§ Collected data:
:::::

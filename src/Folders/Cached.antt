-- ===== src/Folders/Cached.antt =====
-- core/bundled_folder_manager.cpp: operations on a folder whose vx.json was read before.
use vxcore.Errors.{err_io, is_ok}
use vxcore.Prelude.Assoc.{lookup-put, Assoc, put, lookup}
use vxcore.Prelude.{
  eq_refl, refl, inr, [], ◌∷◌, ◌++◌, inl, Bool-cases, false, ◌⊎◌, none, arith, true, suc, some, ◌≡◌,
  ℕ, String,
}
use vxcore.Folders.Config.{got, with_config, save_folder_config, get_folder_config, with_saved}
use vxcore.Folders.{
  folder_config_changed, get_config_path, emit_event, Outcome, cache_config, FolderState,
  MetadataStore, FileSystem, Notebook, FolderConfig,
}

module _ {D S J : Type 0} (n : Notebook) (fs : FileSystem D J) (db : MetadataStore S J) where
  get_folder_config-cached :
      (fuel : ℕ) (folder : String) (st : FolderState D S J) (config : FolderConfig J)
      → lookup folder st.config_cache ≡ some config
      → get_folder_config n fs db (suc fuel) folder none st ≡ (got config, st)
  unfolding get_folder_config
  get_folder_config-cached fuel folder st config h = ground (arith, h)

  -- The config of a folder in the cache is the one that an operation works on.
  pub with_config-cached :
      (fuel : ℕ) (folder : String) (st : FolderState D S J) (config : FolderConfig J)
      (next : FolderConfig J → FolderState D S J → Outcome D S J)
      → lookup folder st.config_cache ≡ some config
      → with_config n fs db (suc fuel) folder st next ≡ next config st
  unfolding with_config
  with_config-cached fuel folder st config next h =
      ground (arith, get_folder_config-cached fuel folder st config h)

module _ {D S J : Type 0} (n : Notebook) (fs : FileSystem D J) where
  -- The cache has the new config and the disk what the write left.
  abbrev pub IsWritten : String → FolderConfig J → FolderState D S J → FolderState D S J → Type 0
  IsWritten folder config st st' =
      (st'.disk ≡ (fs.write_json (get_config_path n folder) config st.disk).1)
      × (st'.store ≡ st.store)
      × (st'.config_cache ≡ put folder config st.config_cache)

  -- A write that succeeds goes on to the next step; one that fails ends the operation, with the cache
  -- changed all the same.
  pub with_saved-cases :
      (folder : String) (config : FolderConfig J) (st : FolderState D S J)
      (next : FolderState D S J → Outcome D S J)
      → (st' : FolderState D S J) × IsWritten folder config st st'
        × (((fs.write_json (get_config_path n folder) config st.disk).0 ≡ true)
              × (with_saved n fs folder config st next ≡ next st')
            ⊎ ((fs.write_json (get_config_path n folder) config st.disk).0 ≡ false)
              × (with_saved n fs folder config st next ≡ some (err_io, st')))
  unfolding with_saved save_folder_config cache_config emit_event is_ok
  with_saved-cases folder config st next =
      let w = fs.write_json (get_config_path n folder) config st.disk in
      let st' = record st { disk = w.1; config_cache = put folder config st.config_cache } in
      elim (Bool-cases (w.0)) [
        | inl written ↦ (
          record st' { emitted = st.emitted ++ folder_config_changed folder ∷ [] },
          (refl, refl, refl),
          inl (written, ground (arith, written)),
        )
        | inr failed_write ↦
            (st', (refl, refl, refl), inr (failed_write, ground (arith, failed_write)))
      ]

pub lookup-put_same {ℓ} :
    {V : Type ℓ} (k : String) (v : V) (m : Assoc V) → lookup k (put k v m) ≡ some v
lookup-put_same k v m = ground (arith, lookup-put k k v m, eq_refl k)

:::::

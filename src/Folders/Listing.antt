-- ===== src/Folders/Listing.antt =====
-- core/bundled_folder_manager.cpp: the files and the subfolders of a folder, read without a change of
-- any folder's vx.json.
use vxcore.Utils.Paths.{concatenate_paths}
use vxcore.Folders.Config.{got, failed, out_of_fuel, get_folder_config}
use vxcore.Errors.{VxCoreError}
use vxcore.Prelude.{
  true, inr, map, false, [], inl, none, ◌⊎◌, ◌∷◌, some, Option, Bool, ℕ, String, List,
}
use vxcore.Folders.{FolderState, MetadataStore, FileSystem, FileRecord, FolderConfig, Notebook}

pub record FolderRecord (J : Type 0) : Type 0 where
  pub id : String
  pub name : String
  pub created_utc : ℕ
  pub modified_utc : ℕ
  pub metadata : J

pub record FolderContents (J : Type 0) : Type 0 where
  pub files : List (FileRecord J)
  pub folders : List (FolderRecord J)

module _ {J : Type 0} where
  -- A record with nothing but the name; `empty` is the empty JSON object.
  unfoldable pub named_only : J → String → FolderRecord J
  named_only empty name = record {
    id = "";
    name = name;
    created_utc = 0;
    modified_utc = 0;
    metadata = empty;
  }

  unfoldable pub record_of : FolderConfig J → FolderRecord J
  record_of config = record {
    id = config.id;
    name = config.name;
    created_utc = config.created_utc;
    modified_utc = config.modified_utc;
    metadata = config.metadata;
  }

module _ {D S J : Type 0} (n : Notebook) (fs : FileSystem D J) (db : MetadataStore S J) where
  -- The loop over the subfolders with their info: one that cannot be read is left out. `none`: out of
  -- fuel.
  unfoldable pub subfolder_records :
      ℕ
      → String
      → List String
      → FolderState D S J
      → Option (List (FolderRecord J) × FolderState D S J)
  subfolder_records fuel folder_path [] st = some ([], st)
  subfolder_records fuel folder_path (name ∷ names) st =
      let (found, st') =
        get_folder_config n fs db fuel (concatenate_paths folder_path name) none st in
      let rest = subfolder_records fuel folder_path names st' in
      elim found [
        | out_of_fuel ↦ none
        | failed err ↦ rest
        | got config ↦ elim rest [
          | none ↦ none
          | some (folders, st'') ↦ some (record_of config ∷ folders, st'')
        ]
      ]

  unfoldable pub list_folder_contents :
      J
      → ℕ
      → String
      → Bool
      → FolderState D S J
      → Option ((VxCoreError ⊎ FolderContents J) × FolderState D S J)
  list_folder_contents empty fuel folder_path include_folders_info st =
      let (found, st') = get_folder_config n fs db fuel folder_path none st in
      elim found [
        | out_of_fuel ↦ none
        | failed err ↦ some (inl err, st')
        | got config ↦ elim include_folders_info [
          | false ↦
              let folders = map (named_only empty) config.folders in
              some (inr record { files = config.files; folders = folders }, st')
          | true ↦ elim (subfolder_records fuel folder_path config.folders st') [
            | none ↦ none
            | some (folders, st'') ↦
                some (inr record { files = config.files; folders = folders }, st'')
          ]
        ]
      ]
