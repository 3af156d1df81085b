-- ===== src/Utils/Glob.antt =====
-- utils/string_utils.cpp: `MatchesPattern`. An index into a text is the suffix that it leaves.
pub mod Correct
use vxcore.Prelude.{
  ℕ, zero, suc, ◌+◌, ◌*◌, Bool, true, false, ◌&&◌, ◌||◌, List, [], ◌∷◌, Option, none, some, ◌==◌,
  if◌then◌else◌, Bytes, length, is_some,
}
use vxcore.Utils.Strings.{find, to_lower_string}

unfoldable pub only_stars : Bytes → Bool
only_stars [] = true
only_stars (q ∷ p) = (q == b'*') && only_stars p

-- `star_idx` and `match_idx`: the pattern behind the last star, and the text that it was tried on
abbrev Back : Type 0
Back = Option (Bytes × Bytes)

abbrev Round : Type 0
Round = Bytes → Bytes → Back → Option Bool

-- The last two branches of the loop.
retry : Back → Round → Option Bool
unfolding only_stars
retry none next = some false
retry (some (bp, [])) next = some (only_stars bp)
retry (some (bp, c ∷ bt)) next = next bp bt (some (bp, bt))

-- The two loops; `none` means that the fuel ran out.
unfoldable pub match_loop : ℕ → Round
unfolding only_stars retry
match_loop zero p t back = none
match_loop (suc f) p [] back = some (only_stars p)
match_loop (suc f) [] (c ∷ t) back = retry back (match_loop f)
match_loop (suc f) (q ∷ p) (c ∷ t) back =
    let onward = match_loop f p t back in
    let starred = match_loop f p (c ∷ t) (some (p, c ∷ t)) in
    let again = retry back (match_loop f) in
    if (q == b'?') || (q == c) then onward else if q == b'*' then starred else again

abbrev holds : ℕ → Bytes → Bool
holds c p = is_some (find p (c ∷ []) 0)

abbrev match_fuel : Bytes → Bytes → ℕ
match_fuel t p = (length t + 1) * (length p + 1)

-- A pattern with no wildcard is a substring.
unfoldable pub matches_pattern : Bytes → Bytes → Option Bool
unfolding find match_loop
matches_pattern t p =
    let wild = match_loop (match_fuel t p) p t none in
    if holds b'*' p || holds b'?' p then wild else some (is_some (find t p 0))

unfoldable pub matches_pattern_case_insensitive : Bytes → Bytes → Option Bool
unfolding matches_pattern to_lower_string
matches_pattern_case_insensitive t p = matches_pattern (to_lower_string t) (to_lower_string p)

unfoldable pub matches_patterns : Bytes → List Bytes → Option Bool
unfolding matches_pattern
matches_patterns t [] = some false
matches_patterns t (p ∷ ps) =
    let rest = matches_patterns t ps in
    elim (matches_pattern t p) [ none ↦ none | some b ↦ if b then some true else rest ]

:::::

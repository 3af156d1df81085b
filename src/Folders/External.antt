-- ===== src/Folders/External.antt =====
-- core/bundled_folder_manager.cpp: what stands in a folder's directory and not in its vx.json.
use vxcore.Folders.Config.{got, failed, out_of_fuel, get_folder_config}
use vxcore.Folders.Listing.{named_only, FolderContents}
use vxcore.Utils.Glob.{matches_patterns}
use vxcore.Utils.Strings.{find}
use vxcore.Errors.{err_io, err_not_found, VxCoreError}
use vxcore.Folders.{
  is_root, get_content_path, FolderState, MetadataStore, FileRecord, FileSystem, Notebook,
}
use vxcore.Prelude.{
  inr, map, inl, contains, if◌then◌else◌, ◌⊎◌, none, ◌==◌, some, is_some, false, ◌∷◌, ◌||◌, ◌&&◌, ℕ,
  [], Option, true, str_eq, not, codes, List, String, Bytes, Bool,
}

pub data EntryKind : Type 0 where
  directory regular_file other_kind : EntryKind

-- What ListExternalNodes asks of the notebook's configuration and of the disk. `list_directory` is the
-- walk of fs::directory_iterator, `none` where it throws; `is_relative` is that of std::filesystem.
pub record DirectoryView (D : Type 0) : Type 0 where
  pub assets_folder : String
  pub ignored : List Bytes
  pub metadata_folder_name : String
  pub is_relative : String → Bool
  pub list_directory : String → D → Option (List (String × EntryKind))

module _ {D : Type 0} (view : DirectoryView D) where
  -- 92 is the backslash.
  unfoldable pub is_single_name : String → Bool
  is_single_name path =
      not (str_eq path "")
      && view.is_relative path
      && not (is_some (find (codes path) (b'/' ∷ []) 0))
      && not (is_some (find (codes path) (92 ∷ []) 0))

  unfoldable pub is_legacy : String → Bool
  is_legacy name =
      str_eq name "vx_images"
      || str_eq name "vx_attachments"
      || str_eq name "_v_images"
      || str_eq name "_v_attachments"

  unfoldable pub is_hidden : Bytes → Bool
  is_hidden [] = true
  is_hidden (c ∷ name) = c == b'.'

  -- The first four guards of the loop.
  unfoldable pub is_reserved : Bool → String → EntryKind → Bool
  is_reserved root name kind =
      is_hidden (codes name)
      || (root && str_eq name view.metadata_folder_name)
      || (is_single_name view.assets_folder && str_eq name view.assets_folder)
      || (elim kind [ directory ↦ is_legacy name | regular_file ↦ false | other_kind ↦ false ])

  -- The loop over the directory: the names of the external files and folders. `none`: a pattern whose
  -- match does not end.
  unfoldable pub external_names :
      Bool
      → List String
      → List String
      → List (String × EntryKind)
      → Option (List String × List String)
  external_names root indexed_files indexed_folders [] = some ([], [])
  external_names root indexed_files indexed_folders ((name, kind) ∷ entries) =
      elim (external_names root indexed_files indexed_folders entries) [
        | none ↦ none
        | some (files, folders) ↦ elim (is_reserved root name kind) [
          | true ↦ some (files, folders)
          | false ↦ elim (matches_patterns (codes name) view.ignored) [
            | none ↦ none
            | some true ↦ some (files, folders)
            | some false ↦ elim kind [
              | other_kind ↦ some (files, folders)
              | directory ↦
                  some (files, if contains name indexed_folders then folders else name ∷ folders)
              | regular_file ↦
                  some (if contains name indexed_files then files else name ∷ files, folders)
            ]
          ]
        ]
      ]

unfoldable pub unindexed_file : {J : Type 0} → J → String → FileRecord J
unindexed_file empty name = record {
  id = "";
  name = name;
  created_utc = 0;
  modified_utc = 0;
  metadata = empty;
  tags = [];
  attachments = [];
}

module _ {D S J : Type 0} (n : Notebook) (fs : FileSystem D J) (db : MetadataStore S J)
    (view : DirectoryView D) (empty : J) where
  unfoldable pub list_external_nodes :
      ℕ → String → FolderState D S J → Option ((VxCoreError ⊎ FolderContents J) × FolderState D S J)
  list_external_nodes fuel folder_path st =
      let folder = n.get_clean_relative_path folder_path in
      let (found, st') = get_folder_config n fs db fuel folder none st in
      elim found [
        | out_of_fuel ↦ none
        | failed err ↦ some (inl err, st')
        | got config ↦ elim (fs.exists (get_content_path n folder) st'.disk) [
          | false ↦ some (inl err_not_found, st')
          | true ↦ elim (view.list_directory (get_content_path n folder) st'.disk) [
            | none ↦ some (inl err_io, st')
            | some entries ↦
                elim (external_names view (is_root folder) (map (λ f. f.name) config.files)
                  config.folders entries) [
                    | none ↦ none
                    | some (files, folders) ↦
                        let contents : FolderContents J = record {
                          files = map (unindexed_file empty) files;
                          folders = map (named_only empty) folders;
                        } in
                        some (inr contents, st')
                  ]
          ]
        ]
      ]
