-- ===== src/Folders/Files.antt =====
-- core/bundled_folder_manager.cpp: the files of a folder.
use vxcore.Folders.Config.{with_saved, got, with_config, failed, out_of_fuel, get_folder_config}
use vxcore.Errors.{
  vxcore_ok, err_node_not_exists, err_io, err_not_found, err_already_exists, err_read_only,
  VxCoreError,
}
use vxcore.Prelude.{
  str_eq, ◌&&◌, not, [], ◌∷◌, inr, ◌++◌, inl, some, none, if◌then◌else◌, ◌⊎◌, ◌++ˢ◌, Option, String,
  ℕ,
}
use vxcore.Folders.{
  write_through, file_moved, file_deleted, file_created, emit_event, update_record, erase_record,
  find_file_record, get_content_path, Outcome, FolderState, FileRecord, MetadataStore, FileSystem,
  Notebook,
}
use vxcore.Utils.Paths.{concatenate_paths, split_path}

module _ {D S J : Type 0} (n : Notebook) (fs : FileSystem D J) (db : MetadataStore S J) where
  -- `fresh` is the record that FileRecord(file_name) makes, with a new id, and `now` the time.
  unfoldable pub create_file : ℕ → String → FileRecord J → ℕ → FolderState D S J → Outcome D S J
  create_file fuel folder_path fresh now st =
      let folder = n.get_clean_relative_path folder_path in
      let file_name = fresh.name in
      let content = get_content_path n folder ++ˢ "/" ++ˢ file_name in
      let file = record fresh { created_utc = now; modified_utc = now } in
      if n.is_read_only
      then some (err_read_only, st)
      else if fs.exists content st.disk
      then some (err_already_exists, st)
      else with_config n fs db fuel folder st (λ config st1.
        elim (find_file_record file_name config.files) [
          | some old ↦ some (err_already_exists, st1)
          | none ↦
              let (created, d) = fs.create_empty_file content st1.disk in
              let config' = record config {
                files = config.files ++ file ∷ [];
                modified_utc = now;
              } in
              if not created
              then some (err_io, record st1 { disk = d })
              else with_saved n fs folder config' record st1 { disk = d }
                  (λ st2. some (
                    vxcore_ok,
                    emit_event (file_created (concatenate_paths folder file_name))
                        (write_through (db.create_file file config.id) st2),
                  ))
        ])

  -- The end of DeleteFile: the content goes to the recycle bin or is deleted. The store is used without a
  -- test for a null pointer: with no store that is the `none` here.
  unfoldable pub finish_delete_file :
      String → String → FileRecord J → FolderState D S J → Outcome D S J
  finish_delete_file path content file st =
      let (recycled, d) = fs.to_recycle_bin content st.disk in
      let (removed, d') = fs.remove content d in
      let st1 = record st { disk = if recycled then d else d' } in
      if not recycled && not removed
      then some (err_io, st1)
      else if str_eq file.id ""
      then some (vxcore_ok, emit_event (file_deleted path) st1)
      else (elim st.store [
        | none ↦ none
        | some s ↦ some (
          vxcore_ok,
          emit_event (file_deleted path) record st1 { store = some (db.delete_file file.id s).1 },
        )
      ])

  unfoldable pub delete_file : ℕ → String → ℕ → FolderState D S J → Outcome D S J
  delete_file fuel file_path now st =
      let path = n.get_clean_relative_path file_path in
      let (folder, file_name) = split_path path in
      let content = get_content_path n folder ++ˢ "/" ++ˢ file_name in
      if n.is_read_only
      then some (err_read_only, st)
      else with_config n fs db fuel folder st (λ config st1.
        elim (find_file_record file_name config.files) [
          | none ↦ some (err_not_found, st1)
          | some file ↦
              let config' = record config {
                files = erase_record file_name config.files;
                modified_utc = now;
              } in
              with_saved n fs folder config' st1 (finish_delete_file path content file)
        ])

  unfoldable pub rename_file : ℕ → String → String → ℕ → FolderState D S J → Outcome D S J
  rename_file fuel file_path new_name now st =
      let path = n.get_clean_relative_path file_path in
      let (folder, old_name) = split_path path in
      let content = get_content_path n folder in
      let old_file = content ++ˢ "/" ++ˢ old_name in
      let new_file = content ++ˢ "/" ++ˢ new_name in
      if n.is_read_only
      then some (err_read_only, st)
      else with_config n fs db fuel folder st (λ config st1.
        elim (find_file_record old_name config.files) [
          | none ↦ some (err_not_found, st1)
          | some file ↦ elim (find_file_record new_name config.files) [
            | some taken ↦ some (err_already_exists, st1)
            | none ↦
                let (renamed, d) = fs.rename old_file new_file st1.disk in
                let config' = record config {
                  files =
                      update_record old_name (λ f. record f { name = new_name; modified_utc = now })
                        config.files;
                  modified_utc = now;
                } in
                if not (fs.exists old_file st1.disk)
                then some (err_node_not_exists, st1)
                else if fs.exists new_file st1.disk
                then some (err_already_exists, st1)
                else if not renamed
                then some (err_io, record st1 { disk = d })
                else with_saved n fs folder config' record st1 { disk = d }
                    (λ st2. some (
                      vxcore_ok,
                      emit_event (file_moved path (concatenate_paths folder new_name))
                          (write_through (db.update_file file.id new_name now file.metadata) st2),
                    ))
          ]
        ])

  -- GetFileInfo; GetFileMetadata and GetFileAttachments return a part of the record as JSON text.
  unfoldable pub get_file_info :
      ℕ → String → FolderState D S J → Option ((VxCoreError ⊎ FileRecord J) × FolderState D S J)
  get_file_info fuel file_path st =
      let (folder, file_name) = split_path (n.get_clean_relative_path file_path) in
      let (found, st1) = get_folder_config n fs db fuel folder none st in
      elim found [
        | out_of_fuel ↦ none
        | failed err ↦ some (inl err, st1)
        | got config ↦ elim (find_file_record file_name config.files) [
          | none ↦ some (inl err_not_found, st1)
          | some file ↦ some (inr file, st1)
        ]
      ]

:::::

§ Exercise instructions: The word "VxCoreError" may appear in several lines of the data; count those lines and give only the number.

§ Exercise answer: 6